With regard to all‐cause mortality, potential increased risks were observed within 1 year of delivery for women with pre‐pregnancy hypertension alone (HR, 4.92; 95% CI, 1.55–15.7) as well as for those with HDP alone (HR, 1.67; 95% CI, 1.16–2.41), although there were a small number of events among women with pre‐pregnancy hypertension alone. Women with both conditions experienced increased risk of all‐cause mortality within 5 years of delivery (HR, 2.21; 95% CI, 1.61–3.03). In addition, women with HDP alone were at increased risk of all‐cause mortality within 5 years of delivery (HR, 1.35; 95% CI, 1.13–1.60), as were women with pre‐pregnancy hypertension alone across the entire study period (HR, 2.00; 95% CI, 1.20–3.33).

Racial/Ethnic Differences in Maternal Incident CHD, Incident Stroke, and All‐Cause Mortality by Pre‐Pregnancy Hypertension and HDP Exposure

Race/ethnic specific estimates for the hazards of incident CHD, incident stroke, and all‐cause mortality within 5 years of delivery after adjustment for covariates are shown in Table 3 based on multivariable Cox proportional hazards modeling.

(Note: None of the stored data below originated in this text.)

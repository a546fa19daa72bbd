-- ===== src/DnsController/Names.antt =====
-- The record name of a load balancer in its zone.
use dnslb.Base.{
  false, List, [], ◌++◌, Str, bytes, str_eq, str_eq_iff, length, length-append, some, ◌≡◌, ◌≢◌, ap,
  sym, ◌∙◌, arith, Bool-cases, inl, inr, value_or, lookup, keep-Mem, str_eq_refl,
}
use mathlib.Core.List.{Memᴰ}
use dnslb.Go.Strings.{has_suffix}
use dnslb.Go.Strings.Laws.{trim_suffix-append, trim_suffix_other}
use dnslb.Loadbalancer.{Loadbalancer}
use dnslb.DnsController.Match.{first_zone, map_lbs_to_zones}
use dnslb.DnsController.Wanted.{a_name}
use dnslb.DnsController.Mapping.{belongs, map_lbs_to_zones_lem}

-- A load balancer `host.zone` has the record name `host` in `zone`.
pub a_name_subdomain :
    (lb : Loadbalancer) (host zone : Str)
    → lb.name ≡ host ++ (bytes "." ++ zone)
    → a_name lb zone ≡ host
unfolding a_name
a_name_subdomain lb host zone e = elim (Bool-cases (str_eq lb.name zone)) [
  | inl same ↦ absurd (too_short ((str_eq_iff lb.name zone).0 same))
  | inr other ↦ rw (other, e) (trim_suffix-append host (bytes "." ++ zone))
]
  where
    too_short : lb.name ≡ zone → ⊥
    too_short same = omega (arith, ap length (sym same ∙ e), length-append host (bytes "." ++ zone))

-- A zone is chosen by whether its name occurs anywhere in the load balancer's: a load balancer that
-- is neither the first such zone nor below it is put to that zone all the same, under its whole
-- name.
pub map_lbs_to_zones_misplaced :
    (lbs : List Loadbalancer) (names : List Str) (zone : Str) (lb : Loadbalancer)
    → Memᴰ lb lbs
    → first_zone lb.name names ≡ some zone
    → lb.name ≢ zone
    → has_suffix lb.name (bytes "." ++ zone) ≡ false
    → Memᴰ lb (value_or [] (lookup zone (map_lbs_to_zones lbs names))) × (a_name lb zone ≡ lb.name)
unfolding a_name
map_lbs_to_zones_misplaced lbs names zone lb inside first other outside = (
  rw (map_lbs_to_zones_lem lbs names zone)
      (keep-Mem (belongs names zone) lbs lb inside (rw first (str_eq_refl zone))),
  ground (arith, str_eq_iff lb.name zone, trim_suffix_other lb.name (bytes "." ++ zone) outside),
)
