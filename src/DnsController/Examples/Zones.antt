-- ===== src/DnsController/Examples/Zones.antt =====
-- Zone names, record names and wanted zones at concrete load balancers.
use dnslb.Base.{
  true, false, some, List, [], ◌∷◌, ◌++◌, map, Str, bytes, lookup, insert, value_or, keep, ◌≡◌, ◌≢◌,
  refl, arith, str_eq_iff,
}
use mathlib.Core.List.{Memᴰ}
use dnslb.Go.Strings.{has_prefix, contains, has_suffix, trim_suffix, join}
use dnslb.Go.Decimal.{itoa}
use dnslb.Go.Ip.{ip_string}
use dnslb.Net.{EndpointProtocol}
use dnslb.Loadbalancer.{Loadbalancer, new_loadbalancer}
use dnslb.Dns.{Zone}
use dnslb.DnsController.Match.{first_zone, map_lbs_to_zones}
use dnslb.DnsController.Mapping.{IsSorted, Longest, map_lbs_to_zones-Longest}
use dnslb.DnsController.Names.{map_lbs_to_zones_misplaced}
use dnslb.DnsController.Wanted.{a_name, wanted_zone}
use dnslb.DnsController.Records.{is_a}
use dnslb.DnsController.Answers.{addresses, has_a_name, wanted_zone_answers}
use dnslb.DnsController.Examples.Provider.{Types, lib, lib-laws}

abbrev pub web : EndpointProtocol
web = record { endpoint = record { ip = 10 ∷ 0 ∷ 0 ∷ 1 ∷ []; port = 80 }; protocol = bytes "tcp" }

abbrev pub balancer : Loadbalancer
balancer = new_loadbalancer (bytes "a.b.example") (web ∷ [])

-- It is in neither zone, but its name has one of them in it.
abbrev stray : Loadbalancer
stray = new_loadbalancer (bytes "b.example.org") (web ∷ [])

abbrev zone_names : List Str
zone_names = bytes "b.example" ∷ bytes "example" ∷ []

abbrev pub old_zone : Zone Types
old_zone = record {
  name = bytes "b.example";
  records =
      record {
        class = tt;
        name = bytes "a";
        ttl = 60;
        type = 1;
        value = bytes "10.0.0.9";
        preference = 0;
      }
      ∷ record { class = tt; name = []; ttl = 60; type = 15; value = bytes "mail"; preference = 10 }
      ∷ [];
  rest = tt;
}

first : first_zone (bytes "a.b.example") zone_names ≡ some (bytes "b.example")
unfolding first_zone contains has_prefix
first = refl

grouped :
    map_lbs_to_zones (balancer ∷ stray ∷ []) zone_names
    ≡ (bytes "b.example", balancer ∷ stray ∷ []) ∷ []
unfolding map_lbs_to_zones first_zone contains has_prefix lookup insert
grouped = refl

zone_names-IsSorted : IsSorted zone_names
zone_names-IsSorted = ((omega arith, tt), (tt, tt))

inside :
    Memᴰ balancer
      (value_or [] (lookup (bytes "b.example") (map_lbs_to_zones (balancer ∷ []) zone_names)))
unfolding map_lbs_to_zones first_zone contains has_prefix lookup insert
inside = Memᴰ.head refl

map_lbs_to_zones-Longest_example :
    Memᴰ balancer (balancer ∷ [])
    × (contains (bytes "a.b.example") (bytes "b.example") ≡ true)
    × Longest (bytes "a.b.example") (bytes "b.example") zone_names
map_lbs_to_zones-Longest_example =
    map_lbs_to_zones-Longest (balancer ∷ []) zone_names (bytes "b.example") balancer
      zone_names-IsSorted inside

stray_first : first_zone (bytes "b.example.org") zone_names ≡ some (bytes "b.example")
unfolding first_zone contains has_prefix
stray_first = refl

stray_other : ◌≢◌ {A = Str} (bytes "b.example.org") (bytes "b.example")
stray_other e =
    absurd (ground (arith, (str_eq_iff (bytes "b.example.org") (bytes "b.example")).1 e))

stray_outside : has_suffix (bytes "b.example.org") (bytes "." ++ bytes "b.example") ≡ false
unfolding has_suffix
stray_outside = refl

map_lbs_to_zones_misplaced_example :
    Memᴰ stray (value_or [] (lookup (bytes "b.example") (map_lbs_to_zones (stray ∷ []) zone_names)))
    × (a_name stray (bytes "b.example") ≡ bytes "b.example.org")
map_lbs_to_zones_misplaced_example =
    map_lbs_to_zones_misplaced (stray ∷ []) zone_names (bytes "b.example") stray (Memᴰ.head refl)
      stray_first stray_other stray_outside

new_records :
    map (λ r. r.value) (wanted_zone lib (balancer ∷ []) old_zone).records
    ≡ bytes "mail" ∷ bytes "10.0.0.1" ∷ []
unfolding wanted_zone a_name trim_suffix ip_string itoa join
new_records = refl

named : has_a_name (bytes "a") (bytes "b.example") (balancer ∷ []) ≡ true
unfolding a_name trim_suffix
named = refl

wanted_zone_answers_example :
    map
      (λ r. r.value)
      (keep (is_a lib lib-laws (bytes "a")) (wanted_zone lib (balancer ∷ []) old_zone).records)
    ≡ addresses (bytes "a") (bytes "b.example") (balancer ∷ [])
wanted_zone_answers_example =
    wanted_zone_answers lib lib-laws (bytes "a") (balancer ∷ []) old_zone named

A significant interaction was observed between the exposure and race/ethnic groups for all‐cause mortality (P=0.001). There was an increased risk of all‐cause mortality among NHW (HR, 2.11; 95% CI, 1.23–3.65) and NHB (HR, 2.34; 95% CI, 1.58–3.47) women with both conditions; no Hispanic women with both conditions died within 5 years of delivery. All‐cause mortality risk was also elevated for NHB women with HDP alone (HR, 1.70; 95% CI, 1.34–2.15) and non‐significantly elevated for NHW women (HR, 1.08; 95% CI, 0.82–1.42). Among women with pre‐pregnancy hypertension alone, an increased risk of all‐cause mortality was observed for Hispanic women (HR, 18.4; 95% CI, 4.17–80.9), but not for NHW or NHB women.

Table 3.

Adjusted Hazard Ratios Comparing Women With HDP and/or Pre‐Pregnancy Hypertension to Women Without HDP and Pre‐Pregnancy Hypertension for All‐Cause Mortality, Fatal and Non‐Fatal Incident CHD, and Fatal and Non‐Fatal Incident Stroke Stratified by Racial‐Ethnic Group Within 5 Years of Delivery, 2004 to 2017

	All‐Cause Mortality			Incident CHD			Incident Stroke
	Event	Event Rate*	HR (95% CI) ^†	Event	Event Rate*	HR (95% CI) ^†	Event	Event Rate*	HR (95% CI) ^†
Non‐Hispanic White
Neither pre‐pregnancy hypertension/HDP	359	0.34	referent	367	0.35	referent	120	0.11	referent
Pre‐pregnancy hypertension alone	<5	0.28	0.86 (0.12–6.12)	5	1.40	3.06 (1.26–7.43)	0	…	…
HDP alone	65	0.35	1.08 (0.82–1.42)	164	0.88	2.31 (1.90–2.81)	37	0.20	1.49 (1.02–2.19)
Both pre‐pregnancy hypertension and HDP	14	0.64	2.11 (1.23–3.65)	34	1.57	3.24 (2.24–4.69)	9	0.41	1.92 (0.88–4.20)
Non‐Hispanic Black
Neither pre‐pregnancy hypertension/HDP	256	0.49	referent	307	0.59	referent	90	0.17	referent
Pre‐pregnancy hypertension alone	<5	1.06	1.03 (0.26–4.15)	6	1.58	1.95 (0.86–4.39)	<5	0.53	2.35 (0.57–9.65)
HDP alone	107	0.81	1.70 (1.34–2.15)	201	1.52	2.33 (1.94–2.80)	42	0.32	1.67 (1.14–2.46)
Both pre‐pregnancy hypertension and HDP	32	1.20	2.34 (1.58–3.47)	93	3.51	4.02 (3.13–5.18)	26	0.97	4.00 (2.48–6.45)
Hispanic
Neither pre‐pregnancy hypertension/HDP	31	0.17	referent	21	0.11	referent	7	0.04	referent
Pre‐pregnancy hypertension alone	<5	3.55	18.4 (4.17–80.9)	<5	1.77	16.0 (2.10–122)	0	…	…
HDP alone	<5	0.15	0.30 (0.04–2.20)	7	0.34	2.68 (1.06–6.81)	<5	0.15	2.15 (0.43–10.8)
Both pre‐pregnancy hypertension and HDP	0	…	…	<5	1.18	9.38 (2.10–41.8)	0	…	…
P value ^§		0.001			0.61			0.92

Open in a new tab

CHD indicates coronary heart disease; HDP, hypertensive disorders of pregnancy; and HR, hazard ratio.

Per 1000 person‐years.

^{^†}

Adjusted for sociodemographic (maternal age; education;, rural/urban residence; median income; payer; Women, Infants, and Children), behavioral (pre‐pregnancy smoking), and clinical characteristics (pre‐pregnancy body mass index, pre‐pregnancy or gestational diabetes mellitus).

^{^§}

P value for interaction between hypertensive disorders of pregnancy and pre‐pregnancy hypertension status and racial/ethnic group.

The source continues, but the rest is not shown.